Before doing anything else, copy the entries below exactly.
─── DATA PROVIDED
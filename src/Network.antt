-- ===== src/Network.antt =====
-- src/network.c: sockets for the listener and for the server, and the cached address of the server.
-- A list of addresses that `getaddrinfo` yields is a list, NULL the empty one. The system is a
-- parameter; times are the seconds of the monotonic clock.
pub mod Attempts
pub mod Balance
pub mod Tests
use nacl_proxy.Base.{
  ℕ, ◌+◌, ◌/◌, ◌%◌, ◌&&◌, not, Bool, true, Option, none, some, ℤ, pos, minus_one, int_eq, is_nonneg,
  to_size, List, [], ◌∷◌, ltb, ◌==◌, if◌then◌else◌,
}
use nacl_proxy.Errors.{proxy_success, proxy_err, assert_failed}

abbrev pub einprogress : ℕ
einprogress = 115

abbrev pub o_nonblock : ℕ
o_nonblock = 2048

abbrev pub time_since_last_resolution_sec : ℕ
time_since_last_resolution_sec = 300

-- `getaddrinfo`: an error, or a list of addresses
pub data Resolved (A : Type 0) : Type 0 where
  gai_failed : Resolved A
  resolved : List A → Resolved A

-- The system: each call yields its result and the world after it. `connect` yields no error number
-- if it succeeds; `setsockopt`, `bind` and `listen` say whether they return 0.
pub record Host (A W : Type 0) : Type 0 where
  pub now : W → ℕ
  pub getaddrinfo : W → Resolved A × W
  pub freeaddrinfo : List A → W → W
  pub socket : A → W → ℤ × W
  pub connect : ℤ → A → W → Option ℕ × W
  pub close : ℤ → W → W
  pub setsockopt : ℤ → W → Bool × W
  pub bind : ℤ → A → W → Bool × W
  pub listen : ℤ → W → Bool × W
  pub get_flags : ℤ → W → ℤ × W
  pub set_flags : ℤ → ℕ → W → Bool × W

-- `gp_cached_server_address` and the seconds of `gts_last_resolution`
pub record Cache (A : Type 0) : Type 0 where
  pub address : List A
  pub last_resolution : ℕ

module _ {A W : Type 0} (host : Host A W) where
  open host use {
    now, getaddrinfo, freeaddrinfo, socket, connect, close, setsockopt, bind, listen, get_flags,
    set_flags,
  }

  -- `freeaddrinfo` of a pointer that is not NULL
  free_some : List A → W → W
  free_some [] w = w
  free_some (a ∷ rest) w = freeaddrinfo (a ∷ rest) w

  pub network_free_cached_address : Cache A → W → Cache A × W
  unfolding free_some
  network_free_cached_address cache w = (record cache { address = [] }, free_some cache.address w)

  -- `flags | O_NONBLOCK`
  pub with_nonblock : ℕ → ℕ
  with_nonblock flags = if flags / o_nonblock % 2 == 0 then flags + o_nonblock else flags

  pub network_set_sock_nonblocking : ℤ → W → ℤ × W
  unfolding with_nonblock
  network_set_sock_nonblocking sock_fd w =
      if is_nonneg sock_fd
      then (let (flags, w') = get_flags sock_fd w in
          if int_eq minus_one flags
          then (proxy_err, w')
          else (let (done, w'') = set_flags sock_fd (with_nonblock (to_size flags)) w' in
              (if done then proxy_success else proxy_err, w'')))
      else (assert_failed, w)

  -- What `connect_to_server` does with the result of `connect`; `next` tries the next address.
  pub connect_reply : (W → ℤ × W) → ℤ → Option ℕ × W → ℤ × W
  connect_reply next sock_fd (none, w) = (sock_fd, w)
  connect_reply next sock_fd (some errno, w) =
      if errno == einprogress then (sock_fd, w) else next (close sock_fd w)

  pub connect_turn : (W → ℤ × W) → A → ℤ × W → ℤ × W
  unfolding connect_reply
  connect_turn next a (sock_fd, w) =
      if int_eq minus_one sock_fd then next w else connect_reply next sock_fd (connect sock_fd a w)

  pub connect_to_server : List A → W → ℤ × W
  unfolding connect_turn
  connect_to_server [] w = (minus_one, w)
  connect_to_server (a ∷ rest) w = connect_turn (connect_to_server rest) a (socket a w)

  -- An address that was last used too long ago is given up.
  pub expire : Cache A → W → Cache A × W
  expire cache w =
      if not (cache.last_resolution == 0)
        && ltb (cache.last_resolution + time_since_last_resolution_sec) (now w)
      then (record cache { address = [] }, freeaddrinfo cache.address w)
      else (cache, w)

  -- what follows a connection attempt to addresses that have just been resolved
  pub keep_address : List A → Cache A → ℤ × W → ℤ × Cache A × W
  keep_address list cache (sock_fd, w) =
      if int_eq minus_one sock_fd
      then (sock_fd, cache, freeaddrinfo list w)
      else (sock_fd, record cache { address = list }, w)

  pub connect_resolved : Cache A → Resolved A × W → ℤ × Cache A × W
  unfolding keep_address connect_to_server
  connect_resolved cache (gai_failed, w) = (minus_one, cache, w)
  connect_resolved cache (resolved [], w) = (minus_one, cache, w)
  connect_resolved cache (resolved (a ∷ rest), w) =
      keep_address (a ∷ rest) cache (connect_to_server (a ∷ rest) w)

  -- what follows a connection attempt to the cached addresses
  pub after_cached : Cache A → ℤ × W → ℤ × Cache A × W
  unfolding connect_resolved
  after_cached cache (sock_fd, w) =
      if int_eq minus_one sock_fd
      then connect_resolved (record cache { address = [] })
          (getaddrinfo (freeaddrinfo cache.address w))
      else (sock_fd, record cache { last_resolution = now w }, w)

  pub try_address : List A → Cache A → W → ℤ × Cache A × W
  unfolding after_cached
  try_address [] cache w = connect_resolved cache (getaddrinfo w)
  try_address (a ∷ rest) cache w = after_cached cache (connect_to_server (a ∷ rest) w)

  pub network_connect_to_server : Cache A → W → ℤ × Cache A × W
  unfolding expire try_address
  network_connect_to_server cache w =
      let (cache', w') = expire cache w in try_address cache'.address cache' w'

  -- `setsockopt`, `bind` and `listen`, each if the one before it succeeded
  pub set_up : ℤ → A → W → Bool × W
  set_up server_fd a w =
      let (reuse, w1) = setsockopt server_fd w in
      if reuse
      then (let (bound, w2) = bind server_fd a w1 in
          if bound then listen server_fd w2 else (bound, w2))
      else (reuse, w1)

  pub listen_reply : (W → ℤ × W) → ℤ → Bool × W → ℤ × W
  listen_reply next server_fd (ready, w) =
      if ready then (server_fd, w) else next (close server_fd w)

  pub listen_turn : (W → ℤ × W) → A → ℤ × W → ℤ × W
  unfolding listen_reply set_up
  listen_turn next a (server_fd, w) =
      if int_eq minus_one server_fd
      then next w
      else listen_reply next server_fd (set_up server_fd a w)

  pub listen_loop : List A → W → ℤ × W
  unfolding listen_turn
  listen_loop [] w = (minus_one, w)
  listen_loop (a ∷ rest) w = listen_turn (listen_loop rest) a (socket a w)

  pub listen_resolved : Resolved A × W → ℤ × W
  unfolding listen_loop
  listen_resolved (gai_failed, w) = (minus_one, w)
  listen_resolved (resolved [], w) = (minus_one, w)
  listen_resolved (resolved (a ∷ rest), w) =
      let (server_fd, w') = listen_loop (a ∷ rest) w in (server_fd, freeaddrinfo (a ∷ rest) w')

  pub network_get_listen_socket : W → ℤ × W
  unfolding listen_resolved
  network_get_listen_socket w = listen_resolved (getaddrinfo w)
──────
RESULT FOR THIS EXERCISE:
filename src/Network.antt
-- ===== src/Network.antt =====
-- src/network.c: sockets for the listener and for the server, and the cached address of the server.
-- A list of addresses that `getaddrinfo` yields is a list, NULL the empty one. The system is a
-- parameter; times are the seconds of the monotonic clock.
pub mod Attempts
pub mod Balance
pub mod Tests
use nacl_proxy.Base.{
  ℕ, ◌+◌, ◌/◌, ◌%◌, ◌&&◌, not, Bool, true, Option, none, some, ℤ, pos, minus_one, int_eq, is_nonneg,
  to_size, List, [], ◌∷◌, ltb, ◌==◌, if◌then◌else◌,
}
use nacl_proxy.Errors.{proxy_success, proxy_err, assert_failed}

abbrev pub einprogress : ℕ
einprogress = 115

abbrev pub o_nonblock : ℕ
o_nonblock = 2048

abbrev pub time_since_last_resolution_sec : ℕ
time_since_last_resolution_sec = 300

-- `getaddrinfo`: an error, or a list of addresses
pub data Resolved (A : Type 0) : Type 0 where
  gai_failed : Resolved A
  resolved : List A → Resolved A

-- The system: each call yields its result and the world after it. `connect` yields no error number
-- if it succeeds; `setsockopt`, `bind` and `listen` say whether they return 0.
pub record Host (A W : Type 0) : Type 0 where
  pub now : W → ℕ
  pub getaddrinfo : W → Resolved A × W
  pub freeaddrinfo : List A → W → W
  pub socket : A → W → ℤ × W
  pub connect : ℤ → A → W → Option ℕ × W
  pub close : ℤ → W → W
  pub setsockopt : ℤ → W → Bool × W
  pub bind : ℤ → A → W → Bool × W
  pub listen : ℤ → W → Bool × W
  pub get_flags : ℤ → W → ℤ × W
  pub set_flags : ℤ → ℕ → W → Bool × W

-- `gp_cached_server_address` and the seconds of `gts_last_resolution`
pub record Cache (A : Type 0) : Type 0 where
  pub address : List A
  pub last_resolution : ℕ

module _ {A W : Type 0} (host : Host A W) where
  open host use {
    now, getaddrinfo, freeaddrinfo, socket, connect, close, setsockopt, bind, listen, get_flags,
    set_flags,
  }

  -- `freeaddrinfo` of a pointer that is not NULL
  free_some : List A → W → W
  free_some [] w = w
  free_some (a ∷ rest) w = freeaddrinfo (a ∷ rest) w

  pub network_free_cached_address : Cache A → W → Cache A × W
  unfolding free_some
  network_free_cached_address cache w = (record cache { address = [] }, free_some cache.address w)

  -- `flags | O_NONBLOCK`
  pub with_nonblock : ℕ → ℕ
  with_nonblock flags = if flags / o_nonblock % 2 == 0 then flags + o_nonblock else flags

  pub network_set_sock_nonblocking : ℤ → W → ℤ × W
  unfolding with_nonblock
  network_set_sock_nonblocking sock_fd w =
      if is_nonneg sock_fd
      then (let (flags, w') = get_flags sock_fd w in
          if int_eq minus_one flags
          then (proxy_err, w')
          else (let (done, w'') = set_flags sock_fd (with_nonblock (to_size flags)) w' in
              (if done then proxy_success else proxy_err, w'')))
      else (assert_failed, w)

  -- What `connect_to_server` does with the result of `connect`; `next` tries the next address.
  pub connect_reply : (W → ℤ × W) → ℤ → Option ℕ × W → ℤ × W
  connect_reply next sock_fd (none, w) = (sock_fd, w)
  connect_reply next sock_fd (some errno, w) =
      if errno == einprogress then (sock_fd, w) else next (close sock_fd w)

  pub connect_turn : (W → ℤ × W) → A → ℤ × W → ℤ × W
  unfolding connect_reply
  connect_turn next a (sock_fd, w) =
      if int_eq minus_one sock_fd then next w else connect_reply next sock_fd (connect sock_fd a w)

  pub connect_to_server : List A → W → ℤ × W
  unfolding connect_turn
  connect_to_server [] w = (minus_one, w)
  connect_to_server (a ∷ rest) w = connect_turn (connect_to_server rest) a (socket a w)

  -- An address that was last used too long ago is given up.
  pub expire : Cache A → W → Cache A × W
  expire cache w =
      if not (cache.last_resolution == 0)
        && ltb (cache.last_resolution + time_since_last_resolution_sec) (now w)
      then (record cache { address = [] }, freeaddrinfo cache.address w)
      else (cache, w)

  -- what follows a connection attempt to addresses that have just been resolved
  pub keep_address : List A → Cache A → ℤ × W → ℤ × Cache A × W
  keep_address list cache (sock_fd, w) =
      if int_eq minus_one sock_fd
      then (sock_fd, cache, freeaddrinfo list w)
      else (sock_fd, record cache { address = list }, w)

  pub connect_resolved : Cache A → Resolved A × W → ℤ × Cache A × W
  unfolding keep_address connect_to_server
  connect_resolved cache (gai_failed, w) = (minus_one, cache, w)
  connect_resolved cache (resolved [], w) = (minus_one, cache, w)
  connect_resolved cache (resolved (a ∷ rest), w) =
      keep_address (a ∷ rest) cache (connect_to_server (a ∷ rest) w)

  -- what follows a connection attempt to the cached addresses
  pub after_cached : Cache A → ℤ × W → ℤ × Cache A × W
  unfolding connect_resolved
  after_cached cache (sock_fd, w) =
      if int_eq minus_one sock_fd
      then connect_resolved (record cache { address = [] })
          (getaddrinfo (freeaddrinfo cache.address w))
      else (sock_fd, record cache { last_resolution = now w }, w)

  pub try_address : List A → Cache A → W → ℤ × Cache A × W
  unfolding after_cached
  try_address [] cache w = connect_resolved cache (getaddrinfo w)
  try_address (a ∷ rest) cache w = after_cached cache (connect_to_server (a ∷ rest) w)

  pub network_connect_to_server : Cache A → W → ℤ × Cache A × W
  unfolding expire try_address
  network_connect_to_server cache w =
      let (cache', w') = expire cache w in try_address cache'.address cache' w'

  -- `setsockopt`, `bind` and `listen`, each if the one before it succeeded
  pub set_up : ℤ → A → W → Bool × W
  set_up server_fd a w =
      let (reuse, w1) = setsockopt server_fd w in
      if reuse
      then (let (bound, w2) = bind server_fd a w1 in
          if bound then listen server_fd w2 else (bound, w2))
      else (reuse, w1)

  pub listen_reply : (W → ℤ × W) → ℤ → Bool × W → ℤ × W
  listen_reply next server_fd (ready, w) =
      if ready then (server_fd, w) else next (close server_fd w)

  pub listen_turn : (W → ℤ × W) → A → ℤ × W → ℤ × W
  unfolding listen_reply set_up
  listen_turn next a (server_fd, w) =
      if int_eq minus_one server_fd
      then next w
      else listen_reply next server_fd (set_up server_fd a w)

  pub listen_loop : List A → W → ℤ × W
  unfolding listen_turn
  listen_loop [] w = (minus_one, w)
  listen_loop (a ∷ rest) w = listen_turn (listen_loop rest) a (socket a w)

  pub listen_resolved : Resolved A × W → ℤ × W
  unfolding listen_loop
  listen_resolved (gai_failed, w) = (minus_one, w)
  listen_resolved (resolved [], w) = (minus_one, w)
  listen_resolved (resolved (a ∷ rest), w) =
      let (server_fd, w') = listen_loop (a ∷ rest) w in (server_fd, freeaddrinfo (a ∷ rest) w')

  pub network_get_listen_socket : W → ℤ × W
  unfolding listen_resolved
  network_get_listen_socket w = listen_resolved (getaddrinfo w)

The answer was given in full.